- Exercise directions
Search the lines of the records for the word "nothing", and copy every line that has it.

Saved data entries:

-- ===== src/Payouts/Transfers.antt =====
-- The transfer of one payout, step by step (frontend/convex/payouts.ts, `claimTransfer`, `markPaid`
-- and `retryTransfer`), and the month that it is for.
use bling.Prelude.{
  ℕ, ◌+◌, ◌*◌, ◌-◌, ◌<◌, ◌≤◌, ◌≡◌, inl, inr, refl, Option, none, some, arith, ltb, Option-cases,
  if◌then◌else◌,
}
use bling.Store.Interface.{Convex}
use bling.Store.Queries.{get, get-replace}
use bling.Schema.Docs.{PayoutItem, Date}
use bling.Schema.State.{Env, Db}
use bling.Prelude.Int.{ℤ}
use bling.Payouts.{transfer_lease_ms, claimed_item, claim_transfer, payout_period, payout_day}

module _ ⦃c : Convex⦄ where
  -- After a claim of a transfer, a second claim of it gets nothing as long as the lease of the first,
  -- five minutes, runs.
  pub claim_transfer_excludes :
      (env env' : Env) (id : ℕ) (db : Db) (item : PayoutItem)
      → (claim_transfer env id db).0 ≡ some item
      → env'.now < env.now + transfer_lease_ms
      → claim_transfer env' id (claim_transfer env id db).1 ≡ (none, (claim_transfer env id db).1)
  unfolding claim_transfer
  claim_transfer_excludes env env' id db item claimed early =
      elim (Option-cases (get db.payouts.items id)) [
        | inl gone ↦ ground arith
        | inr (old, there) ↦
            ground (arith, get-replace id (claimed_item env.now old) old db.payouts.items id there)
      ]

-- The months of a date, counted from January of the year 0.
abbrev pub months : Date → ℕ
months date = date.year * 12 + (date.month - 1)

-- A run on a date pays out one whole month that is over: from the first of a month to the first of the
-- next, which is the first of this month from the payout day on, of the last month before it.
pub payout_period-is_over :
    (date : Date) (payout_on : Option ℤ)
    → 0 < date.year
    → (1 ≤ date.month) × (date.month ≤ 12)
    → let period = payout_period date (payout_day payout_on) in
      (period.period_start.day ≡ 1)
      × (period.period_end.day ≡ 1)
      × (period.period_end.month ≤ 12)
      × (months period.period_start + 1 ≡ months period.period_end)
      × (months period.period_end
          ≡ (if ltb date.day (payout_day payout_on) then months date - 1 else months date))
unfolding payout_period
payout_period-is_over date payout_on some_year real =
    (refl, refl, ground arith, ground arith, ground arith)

--

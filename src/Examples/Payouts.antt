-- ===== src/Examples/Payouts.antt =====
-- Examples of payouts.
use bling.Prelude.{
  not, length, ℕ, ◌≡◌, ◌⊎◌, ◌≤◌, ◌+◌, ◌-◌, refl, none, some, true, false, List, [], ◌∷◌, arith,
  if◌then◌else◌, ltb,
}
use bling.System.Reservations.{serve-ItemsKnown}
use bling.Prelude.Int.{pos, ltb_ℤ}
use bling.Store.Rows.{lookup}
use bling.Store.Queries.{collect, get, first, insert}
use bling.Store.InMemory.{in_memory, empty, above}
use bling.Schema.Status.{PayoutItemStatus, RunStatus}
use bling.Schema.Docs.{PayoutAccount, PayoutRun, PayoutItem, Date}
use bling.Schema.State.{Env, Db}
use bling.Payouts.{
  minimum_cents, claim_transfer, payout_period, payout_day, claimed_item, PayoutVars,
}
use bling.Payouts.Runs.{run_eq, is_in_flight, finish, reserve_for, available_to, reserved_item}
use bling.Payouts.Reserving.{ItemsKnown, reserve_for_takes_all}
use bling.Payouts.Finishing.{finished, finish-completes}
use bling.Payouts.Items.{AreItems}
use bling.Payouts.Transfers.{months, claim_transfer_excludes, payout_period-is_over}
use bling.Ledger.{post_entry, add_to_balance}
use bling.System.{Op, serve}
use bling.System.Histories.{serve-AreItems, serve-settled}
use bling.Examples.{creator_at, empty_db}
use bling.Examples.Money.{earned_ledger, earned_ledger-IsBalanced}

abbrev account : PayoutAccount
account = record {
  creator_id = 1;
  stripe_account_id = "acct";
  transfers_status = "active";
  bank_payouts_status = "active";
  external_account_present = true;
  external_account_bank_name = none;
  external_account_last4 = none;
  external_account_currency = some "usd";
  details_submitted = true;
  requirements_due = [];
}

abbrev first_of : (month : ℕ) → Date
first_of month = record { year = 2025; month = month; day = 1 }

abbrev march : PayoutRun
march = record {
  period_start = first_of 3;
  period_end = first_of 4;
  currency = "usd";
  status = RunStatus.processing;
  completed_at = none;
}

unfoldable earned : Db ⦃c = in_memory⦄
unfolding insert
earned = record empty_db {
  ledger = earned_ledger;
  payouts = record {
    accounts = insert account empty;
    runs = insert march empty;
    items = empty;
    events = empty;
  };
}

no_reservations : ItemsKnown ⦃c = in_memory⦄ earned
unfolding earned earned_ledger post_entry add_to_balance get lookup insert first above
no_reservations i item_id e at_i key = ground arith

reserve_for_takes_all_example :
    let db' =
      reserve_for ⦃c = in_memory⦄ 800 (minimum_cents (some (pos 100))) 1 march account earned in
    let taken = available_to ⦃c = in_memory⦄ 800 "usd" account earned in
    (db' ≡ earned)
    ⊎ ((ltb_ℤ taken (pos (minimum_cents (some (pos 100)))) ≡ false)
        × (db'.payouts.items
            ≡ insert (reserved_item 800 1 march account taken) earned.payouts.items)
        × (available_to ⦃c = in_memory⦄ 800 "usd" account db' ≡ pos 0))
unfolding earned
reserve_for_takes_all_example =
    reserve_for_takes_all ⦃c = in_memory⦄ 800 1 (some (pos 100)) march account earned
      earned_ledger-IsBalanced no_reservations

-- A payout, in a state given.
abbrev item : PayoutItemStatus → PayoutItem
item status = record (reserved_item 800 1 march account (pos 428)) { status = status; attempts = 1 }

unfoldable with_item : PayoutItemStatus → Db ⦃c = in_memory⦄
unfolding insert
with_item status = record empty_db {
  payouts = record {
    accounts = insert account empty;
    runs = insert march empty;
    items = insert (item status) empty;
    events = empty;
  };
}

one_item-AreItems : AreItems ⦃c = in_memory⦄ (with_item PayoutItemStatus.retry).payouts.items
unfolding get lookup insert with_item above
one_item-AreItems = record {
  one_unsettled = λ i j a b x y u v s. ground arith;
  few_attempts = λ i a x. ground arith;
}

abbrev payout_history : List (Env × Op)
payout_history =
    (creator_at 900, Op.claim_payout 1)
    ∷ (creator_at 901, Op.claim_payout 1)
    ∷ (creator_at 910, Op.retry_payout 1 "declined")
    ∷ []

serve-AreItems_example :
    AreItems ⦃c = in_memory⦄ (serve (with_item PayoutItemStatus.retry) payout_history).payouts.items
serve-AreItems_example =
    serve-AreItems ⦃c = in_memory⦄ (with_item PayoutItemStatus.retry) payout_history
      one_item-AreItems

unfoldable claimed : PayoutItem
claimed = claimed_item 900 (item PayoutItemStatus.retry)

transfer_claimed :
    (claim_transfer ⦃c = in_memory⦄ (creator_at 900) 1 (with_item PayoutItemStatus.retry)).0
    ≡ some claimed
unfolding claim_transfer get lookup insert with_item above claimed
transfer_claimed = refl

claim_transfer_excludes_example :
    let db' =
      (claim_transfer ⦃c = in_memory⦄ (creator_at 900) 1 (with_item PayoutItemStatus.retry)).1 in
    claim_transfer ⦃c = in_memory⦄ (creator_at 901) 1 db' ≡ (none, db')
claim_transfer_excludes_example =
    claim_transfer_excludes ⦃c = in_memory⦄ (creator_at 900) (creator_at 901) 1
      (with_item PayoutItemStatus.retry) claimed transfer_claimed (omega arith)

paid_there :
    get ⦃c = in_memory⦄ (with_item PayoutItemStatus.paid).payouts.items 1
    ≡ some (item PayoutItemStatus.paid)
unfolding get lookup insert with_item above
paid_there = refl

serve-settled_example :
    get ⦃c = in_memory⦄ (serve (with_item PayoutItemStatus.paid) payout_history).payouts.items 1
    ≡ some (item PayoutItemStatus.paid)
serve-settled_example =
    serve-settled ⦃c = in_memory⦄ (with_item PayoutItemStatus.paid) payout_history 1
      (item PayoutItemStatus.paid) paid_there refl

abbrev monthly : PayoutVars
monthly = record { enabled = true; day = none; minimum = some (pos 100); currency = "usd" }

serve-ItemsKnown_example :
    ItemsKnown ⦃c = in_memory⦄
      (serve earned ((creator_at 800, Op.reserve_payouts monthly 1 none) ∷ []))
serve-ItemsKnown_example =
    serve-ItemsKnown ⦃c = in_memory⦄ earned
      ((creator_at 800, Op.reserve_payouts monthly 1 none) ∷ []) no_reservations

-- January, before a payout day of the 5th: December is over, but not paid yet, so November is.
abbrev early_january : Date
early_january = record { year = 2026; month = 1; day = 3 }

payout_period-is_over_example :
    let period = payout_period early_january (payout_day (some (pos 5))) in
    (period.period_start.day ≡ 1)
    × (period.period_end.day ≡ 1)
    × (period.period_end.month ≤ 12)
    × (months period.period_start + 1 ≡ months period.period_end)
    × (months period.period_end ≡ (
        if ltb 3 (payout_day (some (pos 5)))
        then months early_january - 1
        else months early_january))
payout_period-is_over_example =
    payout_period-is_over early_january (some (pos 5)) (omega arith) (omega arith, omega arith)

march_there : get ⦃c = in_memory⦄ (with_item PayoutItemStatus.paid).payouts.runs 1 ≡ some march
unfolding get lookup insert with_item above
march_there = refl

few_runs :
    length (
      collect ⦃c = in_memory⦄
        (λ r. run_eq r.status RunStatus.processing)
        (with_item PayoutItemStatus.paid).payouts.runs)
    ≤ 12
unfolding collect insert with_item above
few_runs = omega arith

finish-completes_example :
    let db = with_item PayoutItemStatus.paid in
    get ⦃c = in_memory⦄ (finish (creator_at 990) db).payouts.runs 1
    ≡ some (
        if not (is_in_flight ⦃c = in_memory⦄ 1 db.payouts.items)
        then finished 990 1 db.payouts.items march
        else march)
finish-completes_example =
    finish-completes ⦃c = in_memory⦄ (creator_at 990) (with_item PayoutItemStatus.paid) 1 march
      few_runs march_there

...

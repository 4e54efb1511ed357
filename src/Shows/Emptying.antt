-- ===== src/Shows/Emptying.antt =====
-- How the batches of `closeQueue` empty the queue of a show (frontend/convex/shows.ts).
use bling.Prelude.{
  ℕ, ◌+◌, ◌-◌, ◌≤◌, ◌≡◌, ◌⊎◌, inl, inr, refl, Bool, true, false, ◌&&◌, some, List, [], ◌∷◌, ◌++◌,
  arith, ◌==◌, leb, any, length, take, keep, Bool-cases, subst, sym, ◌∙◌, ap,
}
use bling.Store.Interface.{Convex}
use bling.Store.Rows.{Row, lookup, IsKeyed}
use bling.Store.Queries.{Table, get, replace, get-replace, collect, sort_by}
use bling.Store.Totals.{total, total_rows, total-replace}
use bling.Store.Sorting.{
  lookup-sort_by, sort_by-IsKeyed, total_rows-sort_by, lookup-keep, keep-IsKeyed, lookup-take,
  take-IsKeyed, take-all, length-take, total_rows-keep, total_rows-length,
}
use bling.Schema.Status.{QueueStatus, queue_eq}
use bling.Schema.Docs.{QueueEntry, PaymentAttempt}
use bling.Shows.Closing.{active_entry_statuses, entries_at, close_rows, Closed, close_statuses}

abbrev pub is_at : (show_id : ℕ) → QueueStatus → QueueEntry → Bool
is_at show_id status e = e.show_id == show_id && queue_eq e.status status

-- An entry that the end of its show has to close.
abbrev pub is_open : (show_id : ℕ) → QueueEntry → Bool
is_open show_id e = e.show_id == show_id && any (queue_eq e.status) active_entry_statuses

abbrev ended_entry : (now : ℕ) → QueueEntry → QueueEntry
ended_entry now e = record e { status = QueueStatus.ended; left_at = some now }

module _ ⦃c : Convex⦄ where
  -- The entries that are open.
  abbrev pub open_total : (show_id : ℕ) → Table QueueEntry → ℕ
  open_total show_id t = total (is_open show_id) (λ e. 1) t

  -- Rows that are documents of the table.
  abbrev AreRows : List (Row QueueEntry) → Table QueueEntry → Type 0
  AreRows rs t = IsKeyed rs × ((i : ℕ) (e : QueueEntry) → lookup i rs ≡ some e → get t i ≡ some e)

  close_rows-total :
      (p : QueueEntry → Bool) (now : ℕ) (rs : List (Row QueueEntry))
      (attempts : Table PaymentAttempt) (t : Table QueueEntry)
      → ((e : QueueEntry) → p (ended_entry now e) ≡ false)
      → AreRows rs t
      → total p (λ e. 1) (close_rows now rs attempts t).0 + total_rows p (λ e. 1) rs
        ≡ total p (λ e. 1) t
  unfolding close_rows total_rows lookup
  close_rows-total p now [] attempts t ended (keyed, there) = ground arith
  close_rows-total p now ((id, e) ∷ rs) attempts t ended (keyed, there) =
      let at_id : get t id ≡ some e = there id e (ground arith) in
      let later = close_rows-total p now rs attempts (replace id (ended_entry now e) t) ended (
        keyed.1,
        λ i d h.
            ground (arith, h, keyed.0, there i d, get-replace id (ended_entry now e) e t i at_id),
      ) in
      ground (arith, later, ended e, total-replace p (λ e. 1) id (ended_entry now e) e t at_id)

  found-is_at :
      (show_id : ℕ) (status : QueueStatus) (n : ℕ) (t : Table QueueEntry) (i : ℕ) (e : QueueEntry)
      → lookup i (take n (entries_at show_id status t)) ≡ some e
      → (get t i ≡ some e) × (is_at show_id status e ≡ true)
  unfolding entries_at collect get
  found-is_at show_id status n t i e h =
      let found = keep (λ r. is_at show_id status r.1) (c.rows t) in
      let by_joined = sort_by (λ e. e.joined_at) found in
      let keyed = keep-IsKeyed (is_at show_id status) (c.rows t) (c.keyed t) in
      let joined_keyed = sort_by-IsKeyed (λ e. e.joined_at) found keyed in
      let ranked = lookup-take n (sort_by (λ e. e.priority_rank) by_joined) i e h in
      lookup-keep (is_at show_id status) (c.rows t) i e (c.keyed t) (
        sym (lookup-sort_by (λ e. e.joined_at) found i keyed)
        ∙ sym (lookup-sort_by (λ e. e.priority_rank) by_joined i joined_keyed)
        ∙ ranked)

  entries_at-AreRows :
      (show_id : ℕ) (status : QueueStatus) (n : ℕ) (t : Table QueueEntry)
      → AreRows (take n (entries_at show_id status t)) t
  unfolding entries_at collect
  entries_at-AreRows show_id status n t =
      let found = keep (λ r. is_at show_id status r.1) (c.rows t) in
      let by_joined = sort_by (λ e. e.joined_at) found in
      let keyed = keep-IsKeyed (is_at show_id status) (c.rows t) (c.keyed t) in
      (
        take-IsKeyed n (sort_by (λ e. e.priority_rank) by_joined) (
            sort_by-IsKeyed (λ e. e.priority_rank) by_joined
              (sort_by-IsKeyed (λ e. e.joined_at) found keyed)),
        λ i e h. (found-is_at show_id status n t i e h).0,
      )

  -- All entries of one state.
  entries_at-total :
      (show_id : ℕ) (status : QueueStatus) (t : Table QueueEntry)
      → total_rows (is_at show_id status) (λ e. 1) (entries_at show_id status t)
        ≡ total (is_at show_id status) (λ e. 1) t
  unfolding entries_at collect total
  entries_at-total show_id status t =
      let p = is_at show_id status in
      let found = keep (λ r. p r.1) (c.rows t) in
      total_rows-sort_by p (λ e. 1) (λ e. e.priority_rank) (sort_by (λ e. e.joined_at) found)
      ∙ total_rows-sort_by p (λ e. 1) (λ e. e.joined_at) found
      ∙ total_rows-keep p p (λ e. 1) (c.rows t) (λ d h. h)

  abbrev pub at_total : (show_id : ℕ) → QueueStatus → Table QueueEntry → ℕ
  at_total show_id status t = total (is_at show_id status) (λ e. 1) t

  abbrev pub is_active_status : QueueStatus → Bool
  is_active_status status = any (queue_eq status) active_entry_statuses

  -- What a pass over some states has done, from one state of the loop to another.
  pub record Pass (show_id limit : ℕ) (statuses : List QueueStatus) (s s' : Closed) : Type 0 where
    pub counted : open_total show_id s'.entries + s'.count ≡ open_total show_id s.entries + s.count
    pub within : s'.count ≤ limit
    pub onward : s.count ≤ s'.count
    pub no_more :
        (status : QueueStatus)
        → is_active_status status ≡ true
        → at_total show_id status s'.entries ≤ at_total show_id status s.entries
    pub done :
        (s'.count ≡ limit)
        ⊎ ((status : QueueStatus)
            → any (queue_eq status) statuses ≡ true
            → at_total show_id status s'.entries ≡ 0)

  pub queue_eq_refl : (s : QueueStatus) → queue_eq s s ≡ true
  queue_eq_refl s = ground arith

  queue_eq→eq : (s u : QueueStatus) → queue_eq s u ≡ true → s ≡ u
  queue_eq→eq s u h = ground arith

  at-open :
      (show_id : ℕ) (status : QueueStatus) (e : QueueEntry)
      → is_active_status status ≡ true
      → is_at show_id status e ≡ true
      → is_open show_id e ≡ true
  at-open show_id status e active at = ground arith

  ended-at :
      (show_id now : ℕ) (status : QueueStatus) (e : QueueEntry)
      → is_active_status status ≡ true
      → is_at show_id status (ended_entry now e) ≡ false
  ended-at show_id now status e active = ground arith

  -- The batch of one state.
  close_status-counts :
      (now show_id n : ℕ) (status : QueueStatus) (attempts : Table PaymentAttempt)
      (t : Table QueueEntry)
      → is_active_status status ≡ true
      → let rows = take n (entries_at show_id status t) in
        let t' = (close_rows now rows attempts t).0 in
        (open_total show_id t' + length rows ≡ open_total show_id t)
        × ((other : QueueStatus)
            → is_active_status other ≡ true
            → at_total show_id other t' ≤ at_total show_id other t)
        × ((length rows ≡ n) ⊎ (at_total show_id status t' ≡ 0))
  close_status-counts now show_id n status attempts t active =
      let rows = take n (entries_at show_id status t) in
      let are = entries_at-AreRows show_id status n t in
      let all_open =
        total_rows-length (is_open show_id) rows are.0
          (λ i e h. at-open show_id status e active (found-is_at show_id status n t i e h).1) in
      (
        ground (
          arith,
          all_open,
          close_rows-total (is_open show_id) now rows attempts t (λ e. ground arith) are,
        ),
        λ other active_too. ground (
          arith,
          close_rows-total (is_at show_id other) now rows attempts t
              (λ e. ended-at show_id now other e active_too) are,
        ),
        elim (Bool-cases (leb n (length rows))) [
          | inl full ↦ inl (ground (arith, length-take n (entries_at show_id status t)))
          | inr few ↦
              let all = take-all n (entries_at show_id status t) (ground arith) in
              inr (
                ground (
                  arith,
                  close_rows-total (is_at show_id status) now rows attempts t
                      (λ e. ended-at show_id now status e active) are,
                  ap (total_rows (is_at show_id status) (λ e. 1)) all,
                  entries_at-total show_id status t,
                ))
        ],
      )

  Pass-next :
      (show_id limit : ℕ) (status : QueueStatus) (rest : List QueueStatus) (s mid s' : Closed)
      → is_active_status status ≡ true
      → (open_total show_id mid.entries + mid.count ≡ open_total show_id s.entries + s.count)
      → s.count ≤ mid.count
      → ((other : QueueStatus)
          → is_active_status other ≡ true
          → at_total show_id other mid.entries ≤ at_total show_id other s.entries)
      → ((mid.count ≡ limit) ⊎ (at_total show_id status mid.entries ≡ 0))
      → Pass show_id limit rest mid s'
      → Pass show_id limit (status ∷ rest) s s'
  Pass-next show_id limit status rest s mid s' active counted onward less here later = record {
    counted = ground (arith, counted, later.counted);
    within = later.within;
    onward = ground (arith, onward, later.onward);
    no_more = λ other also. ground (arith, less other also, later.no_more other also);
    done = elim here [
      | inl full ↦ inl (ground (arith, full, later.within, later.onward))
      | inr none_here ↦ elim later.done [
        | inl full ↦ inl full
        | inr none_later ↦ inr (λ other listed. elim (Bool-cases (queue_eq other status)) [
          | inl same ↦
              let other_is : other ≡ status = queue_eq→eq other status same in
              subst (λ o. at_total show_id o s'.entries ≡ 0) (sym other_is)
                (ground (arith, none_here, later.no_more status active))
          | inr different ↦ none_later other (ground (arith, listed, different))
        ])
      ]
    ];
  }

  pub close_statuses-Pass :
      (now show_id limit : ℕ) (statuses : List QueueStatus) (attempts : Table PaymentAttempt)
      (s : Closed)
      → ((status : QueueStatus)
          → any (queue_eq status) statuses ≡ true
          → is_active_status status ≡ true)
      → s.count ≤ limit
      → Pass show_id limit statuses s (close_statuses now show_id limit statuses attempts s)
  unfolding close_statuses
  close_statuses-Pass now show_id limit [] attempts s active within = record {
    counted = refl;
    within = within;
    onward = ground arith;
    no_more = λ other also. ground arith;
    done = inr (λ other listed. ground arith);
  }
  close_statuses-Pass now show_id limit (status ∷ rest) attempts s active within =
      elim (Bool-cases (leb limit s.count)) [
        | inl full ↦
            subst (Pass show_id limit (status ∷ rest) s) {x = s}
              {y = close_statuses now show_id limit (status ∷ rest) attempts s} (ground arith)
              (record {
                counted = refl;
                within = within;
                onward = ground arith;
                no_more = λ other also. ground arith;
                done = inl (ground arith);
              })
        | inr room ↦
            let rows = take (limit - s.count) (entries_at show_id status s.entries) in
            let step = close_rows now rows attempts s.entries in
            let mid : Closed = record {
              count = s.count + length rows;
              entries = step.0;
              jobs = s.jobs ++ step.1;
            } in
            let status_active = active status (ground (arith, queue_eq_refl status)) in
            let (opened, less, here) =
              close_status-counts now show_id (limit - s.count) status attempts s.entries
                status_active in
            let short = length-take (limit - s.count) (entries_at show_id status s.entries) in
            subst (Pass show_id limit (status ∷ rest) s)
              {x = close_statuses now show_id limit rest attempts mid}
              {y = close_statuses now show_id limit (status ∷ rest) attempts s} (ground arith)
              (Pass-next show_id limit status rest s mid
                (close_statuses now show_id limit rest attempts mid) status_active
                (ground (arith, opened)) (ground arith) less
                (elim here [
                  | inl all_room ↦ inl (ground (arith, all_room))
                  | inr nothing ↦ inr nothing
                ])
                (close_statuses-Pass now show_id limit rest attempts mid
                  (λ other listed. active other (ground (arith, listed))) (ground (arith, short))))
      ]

- Answer
  -- After a claim of a transfer, a second claim of it gets nothing as long as the lease of the first,
                  | inr nothing ↦ inr nothing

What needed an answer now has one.